----- Raw data -----

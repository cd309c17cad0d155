-- ===== src/Seccomp/Libc.antt =====
-- The constants of the crate `libc` that src/seccomp.rs uses. They are a parameter of the model.
use boxed.Prelude.{ℕ, ◌^◌, ◌<◌, ◌≡◌}
use boxed.Seccomp.Syscalls.{Syscall}

pub record Libc : Type 0 where
  -- `SYS_x`
  pub number : Syscall → ℕ
  pub bpf_ld : ℕ
  pub bpf_w : ℕ
  pub bpf_abs : ℕ
  pub bpf_jmp : ℕ
  pub bpf_jeq : ℕ
  pub bpf_k : ℕ
  pub bpf_ret : ℕ
  pub seccomp_ret_allow : ℕ
  pub seccomp_ret_errno : ℕ
  pub seccomp_ret_kill : ℕ
  pub seccomp_ret_kill_process : ℕ
  -- `offset_of!(seccomp_data, arch)` and `offset_of!(seccomp_data, nr)`
  pub offset_arch : ℕ
  pub offset_nr : ℕ

-- Linux numbers its calls without repetition, in 32 bits.
pub record IsLibc (l : Libc) : Type 0 where
  pub number_fits : (s : Syscall) → l.number s < 2 ^ 32
  pub number_injective : (s t : Syscall) → l.number s ≡ l.number t → s ≡ t
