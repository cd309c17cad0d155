-- ===== src/Seccomp/Profile.antt =====
-- The profile types of src/seccomp.rs, as they are parsed and as they are resolved.
use mathlib.Core.Option
use boxed.Prelude.{is_empty, ℕ, not, ◌&&◌, List, Option, none, some, if◌then◌else◌}
use boxed.Text.{Text, codes, text_eq, contains}
use boxed.Error.{
  Result, ok, bail, ok_or_else, ◌>>=◌, collect_map, profile_not_x86_64, unknown_default_action,
  rule_without_names, rule_with_args, unknown_action, unknown_syscall,
}
use boxed.Seccomp.Libc.{Libc}
use boxed.Seccomp.Syscalls.{syscall_of}

pub record ArgRule : Type 0 where
  pub index : ℕ
  pub value : ℕ
  pub value_two : Option ℕ
  pub op : Text

pub record SyscallRule : Type 0 where
  pub names : List Text
  pub action : Text
  pub args : List ArgRule

pub record SeccompProfile : Type 0 where
  pub default_action : Text
  pub architectures : List Text
  pub syscalls : List SyscallRule

pub record ResolveRule : Type 0 where
  pub numbers : List ℕ
  pub action : ℕ

pub record ResolvedProfile : Type 0 where
  pub rules : List ResolveRule
  pub default_action : ℕ

module _ (l : Libc) where
  unfoldable pub resolve_action : Text → Option ℕ
  resolve_action action =
      if text_eq action (codes "SCMP_ACT_ALLOW")
      then some l.seccomp_ret_allow
      else if text_eq action (codes "SCMP_ACT_ERRNO")
      then some l.seccomp_ret_errno
      else if text_eq action (codes "SCMP_ACT_KILL")
      then some l.seccomp_ret_kill
      else if text_eq action (codes "SCMP_ACT_KILL_PROCESS")
      then some l.seccomp_ret_kill_process
      else none

  unfoldable pub syscall_number : Text → Option ℕ
  syscall_number name = Option.map l.number (syscall_of name)

  unfoldable pub resolve_name : Text → Result ℕ
  resolve_name name = ok_or_else (unknown_syscall name) (syscall_number name)

  -- `SyscallRule::resolve`
  unfoldable pub resolve_rule : SyscallRule → Result ResolveRule
  resolve_rule rule =
      if is_empty rule.names
      then bail rule_without_names
      else if not (is_empty rule.args)
      then bail (rule_with_args rule.names)
      else do
        action ← ok_or_else (unknown_action rule.action) (resolve_action rule.action)
        numbers ← collect_map resolve_name rule.names
        ok (record { numbers = numbers; action = action })

  -- `SeccompProfile::resolve`
  unfoldable pub resolve : SeccompProfile → Result ResolvedProfile
  resolve profile =
      if not (is_empty profile.architectures)
        && not (contains profile.architectures (codes "SCMP_ARCH_X86_64"))
      then bail profile_not_x86_64
      else do
        rules ← collect_map resolve_rule profile.syscalls
        default_action ←
            ok_or_else (unknown_default_action profile.default_action)
              (resolve_action profile.default_action)
        ok (record { rules = rules; default_action = default_action })
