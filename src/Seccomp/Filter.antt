-- ===== src/Seccomp/Filter.antt =====
-- The BPF program that src/seccomp.rs builds.
use Prim.Native.Nat.{bit_or}
use boxed.Prelude.{ℕ, ◌%◌, ◌^◌, List, [], ◌∷◌, ◌++◌, Option, none, some}
use boxed.Seccomp.Libc.{Libc}
use boxed.Seccomp.Syscalls.{Syscall, dangerous_syscalls}
use boxed.Seccomp.Profile.{ResolveRule, ResolvedProfile}

pub record SockFilter : Type 0 where
  pub code : ℕ
  pub jt : ℕ
  pub jf : ℕ
  pub k : ℕ

abbrev pub audit_arch_x86_64 : ℕ
audit_arch_x86_64 = 0xC000003E

abbrev pub stmt : ℕ → ℕ → SockFilter
stmt code k = record { code = code; jt = 0; jf = 0; k = k }

abbrev pub jump : ℕ → ℕ → ℕ → ℕ → SockFilter
jump code jt jf k = record { code = code; jt = jt; jf = jf; k = k }

module _ (l : Libc) where
  -- `(BPF_LD | BPF_W | BPF_ABS) as u16`, and so on.
  abbrev pub load_word : ℕ
  load_word = bit_or (bit_or l.bpf_ld l.bpf_w) l.bpf_abs % 2 ^ 16

  abbrev pub jump_eq : ℕ
  jump_eq = bit_or (bit_or l.bpf_jmp l.bpf_jeq) l.bpf_k % 2 ^ 16

  abbrev pub return_k : ℕ
  return_k = bit_or l.bpf_ret l.bpf_k % 2 ^ 16

  unfoldable pub initialize_filters : List SockFilter
  initialize_filters =
      stmt load_word (l.offset_arch % 2 ^ 32)
      ∷ jump jump_eq 1 0 audit_arch_x86_64
      ∷ stmt return_k l.seccomp_ret_kill_process
      ∷ stmt load_word (l.offset_nr % 2 ^ 32)
      ∷ []

  -- The two instructions that a loop pushes for one call number.
  abbrev pub push_pair : List SockFilter → ℕ → ℕ → List SockFilter
  push_pair prog nr action = prog ++ jump jump_eq 0 1 (nr % 2 ^ 32) ∷ stmt return_k action ∷ []

  unfoldable pub push_numbers : List SockFilter → ℕ → List ℕ → List SockFilter
  push_numbers prog action [] = prog
  push_numbers prog action (nr ∷ numbers) = push_numbers (push_pair prog nr action) action numbers

  unfoldable pub push_rules : List SockFilter → List ResolveRule → List SockFilter
  push_rules prog [] = prog
  push_rules prog (rule ∷ rules) = push_rules (push_numbers prog rule.action rule.numbers) rules

  unfoldable pub push_dangerous : List SockFilter → List Syscall → List SockFilter
  push_dangerous prog [] = prog
  push_dangerous prog (s ∷ syscalls) =
      push_dangerous (push_pair prog (l.number s) l.seccomp_ret_kill_process) syscalls

  unfoldable pub build_filter : Option ResolvedProfile → List SockFilter
  build_filter (some profile) =
      push_rules initialize_filters profile.rules ++ stmt return_k profile.default_action ∷ []
  build_filter none =
      push_dangerous initialize_filters dangerous_syscalls ++ stmt return_k l.seccomp_ret_allow ∷ []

-----

» Instructions to follow: Reproduce the entries above in full, precisely as written.

» Solution:
repository cd309c17cad0d155
-- ===== src/Seccomp/Libc.antt =====
-- The constants of the crate `libc` that src/seccomp.rs uses. They are a parameter of the model.
use boxed.Prelude.{ℕ, ◌^◌, ◌<◌, ◌≡◌}
use boxed.Seccomp.Syscalls.{Syscall}

pub record Libc : Type 0 where
  -- `SYS_x`
  pub number : Syscall → ℕ
  pub bpf_ld : ℕ
  pub bpf_w : ℕ
  pub bpf_abs : ℕ
  pub bpf_jmp : ℕ
  pub bpf_jeq : ℕ
  pub bpf_k : ℕ
  pub bpf_ret : ℕ
  pub seccomp_ret_allow : ℕ
  pub seccomp_ret_errno : ℕ
  pub seccomp_ret_kill : ℕ
  pub seccomp_ret_kill_process : ℕ
  -- `offset_of!(seccomp_data, arch)` and `offset_of!(seccomp_data, nr)`
  pub offset_arch : ℕ
  pub offset_nr : ℕ

-- Linux numbers its calls without repetition, in 32 bits.
pub record IsLibc (l : Libc) : Type 0 where
  pub number_fits : (s : Syscall) → l.number s < 2 ^ 32
  pub number_injective : (s t : Syscall) → l.number s ≡ l.number t → s ≡ t
repository cd309c17cad0d155
-- ===== src/Seccomp/Profile.antt =====
-- The profile types of src/seccomp.rs, as they are parsed and as they are resolved.
use mathlib.Core.Option
use boxed.Prelude.{is_empty, ℕ, not, ◌&&◌, List, Option, none, some, if◌then◌else◌}
use boxed.Text.{Text, codes, text_eq, contains}
use boxed.Error.{
  Result, ok, bail, ok_or_else, ◌>>=◌, collect_map, profile_not_x86_64, unknown_default_action,
  rule_without_names, rule_with_args, unknown_action, unknown_syscall,
}
use boxed.Seccomp.Libc.{Libc}
use boxed.Seccomp.Syscalls.{syscall_of}

pub record ArgRule : Type 0 where
  pub index : ℕ
  pub value : ℕ
  pub value_two : Option ℕ
  pub op : Text

pub record SyscallRule : Type 0 where
  pub names : List Text
  pub action : Text
  pub args : List ArgRule

pub record SeccompProfile : Type 0 where
  pub default_action : Text
  pub architectures : List Text
  pub syscalls : List SyscallRule

pub record ResolveRule : Type 0 where
  pub numbers : List ℕ
  pub action : ℕ

pub record ResolvedProfile : Type 0 where
  pub rules : List ResolveRule
  pub default_action : ℕ

module _ (l : Libc) where
  unfoldable pub resolve_action : Text → Option ℕ
  resolve_action action =
      if text_eq action (codes "SCMP_ACT_ALLOW")
      then some l.seccomp_ret_allow
      else if text_eq action (codes "SCMP_ACT_ERRNO")
      then some l.seccomp_ret_errno
      else if text_eq action (codes "SCMP_ACT_KILL")
      then some l.seccomp_ret_kill
      else if text_eq action (codes "SCMP_ACT_KILL_PROCESS")
      then some l.seccomp_ret_kill_process
      else none

  unfoldable pub syscall_number : Text → Option ℕ
  syscall_number name = Option.map l.number (syscall_of name)

  unfoldable pub resolve_name : Text → Result ℕ
  resolve_name name = ok_or_else (unknown_syscall name) (syscall_number name)

  -- `SyscallRule::resolve`
  unfoldable pub resolve_rule : SyscallRule → Result ResolveRule
  resolve_rule rule =
      if is_empty rule.names
      then bail rule_without_names
      else if not (is_empty rule.args)
      then bail (rule_with_args rule.names)
      else do
        action ← ok_or_else (unknown_action rule.action) (resolve_action rule.action)
        numbers ← collect_map resolve_name rule.names
        ok (record { numbers = numbers; action = action })

  -- `SeccompProfile::resolve`
  unfoldable pub resolve : SeccompProfile → Result ResolvedProfile
  resolve profile =
      if not (is_empty profile.architectures)
        && not (contains profile.architectures (codes "SCMP_ARCH_X86_64"))
      then bail profile_not_x86_64
      else do
        rules ← collect_map resolve_rule profile.syscalls
        default_action ←
            ok_or_else (unknown_default_action profile.default_action)
              (resolve_action profile.default_action)
        ok (record { rules = rules; default_action = default_action })
filename src/Seccomp/Filter.antt
-- ===== src/Seccomp/Filter.antt =====
-- The BPF program that src/seccomp.rs builds.
use Prim.Native.Nat.{bit_or}
use boxed.Prelude.{ℕ, ◌%◌, ◌^◌, List, [], ◌∷◌, ◌++◌, Option, none, some}
use boxed.Seccomp.Libc.{Libc}
use boxed.Seccomp.Syscalls.{Syscall, dangerous_syscalls}
use boxed.Seccomp.Profile.{ResolveRule, ResolvedProfile}

pub record SockFilter : Type 0 where
  pub code : ℕ
  pub jt : ℕ
  pub jf : ℕ
  pub k : ℕ

abbrev pub audit_arch_x86_64 : ℕ
audit_arch_x86_64 = 0xC000003E

abbrev pub stmt : ℕ → ℕ → SockFilter
stmt code k = record { code = code; jt = 0; jf = 0; k = k }

abbrev pub jump : ℕ → ℕ → ℕ → ℕ → SockFilter
jump code jt jf k = record { code = code; jt = jt; jf = jf; k = k }

module _ (l : Libc) where
  -- `(BPF_LD | BPF_W | BPF_ABS) as u16`, and so on.
  abbrev pub load_word : ℕ
  load_word = bit_or (bit_or l.bpf_ld l.bpf_w) l.bpf_abs % 2 ^ 16

  abbrev pub jump_eq : ℕ
  jump_eq = bit_or (bit_or l.bpf_jmp l.bpf_jeq) l.bpf_k % 2 ^ 16

  abbrev pub return_k : ℕ
  return_k = bit_or l.bpf_ret l.bpf_k % 2 ^ 16

  unfoldable pub initialize_filters : List SockFilter
  initialize_filters =
      stmt load_word (l.offset_arch % 2 ^ 32)
      ∷ jump jump_eq 1 0 audit_arch_x86_64
      ∷ stmt return_k l.seccomp_ret_kill_process
      ∷ stmt load_word (l.offset_nr % 2 ^ 32)
      ∷ []

  -- The two instructions that a loop pushes for one call number.
  abbrev pub push_pair : List SockFilter → ℕ → ℕ → List SockFilter
  push_pair prog nr action = prog ++ jump jump_eq 0 1 (nr % 2 ^ 32) ∷ stmt return_k action ∷ []

  unfoldable pub push_numbers : List SockFilter → ℕ → List ℕ → List SockFilter
  push_numbers prog action [] = prog
  push_numbers prog action (nr ∷ numbers) = push_numbers (push_pair prog nr action) action numbers

  unfoldable pub push_rules : List SockFilter → List ResolveRule → List SockFilter
  push_rules prog [] = prog
  push_rules prog (rule ∷ rules) = push_rules (push_numbers prog rule.action rule.numbers) rules

  unfoldable pub push_dangerous : List SockFilter → List Syscall → List SockFilter
  push_dangerous prog [] = prog
  push_dangerous prog (s ∷ syscalls) =
      push_dangerous (push_pair prog (l.number s) l.seccomp_ret_kill_process) syscalls

  unfoldable pub build_filter : Option ResolvedProfile → List SockFilter
  build_filter (some profile) =
      push_rules initialize_filters profile.rules ++ stmt return_k profile.default_action ∷ []
  build_filter none =
      push_dangerous initialize_filters dangerous_syscalls ++ stmt return_k l.seccomp_ret_allow ∷ []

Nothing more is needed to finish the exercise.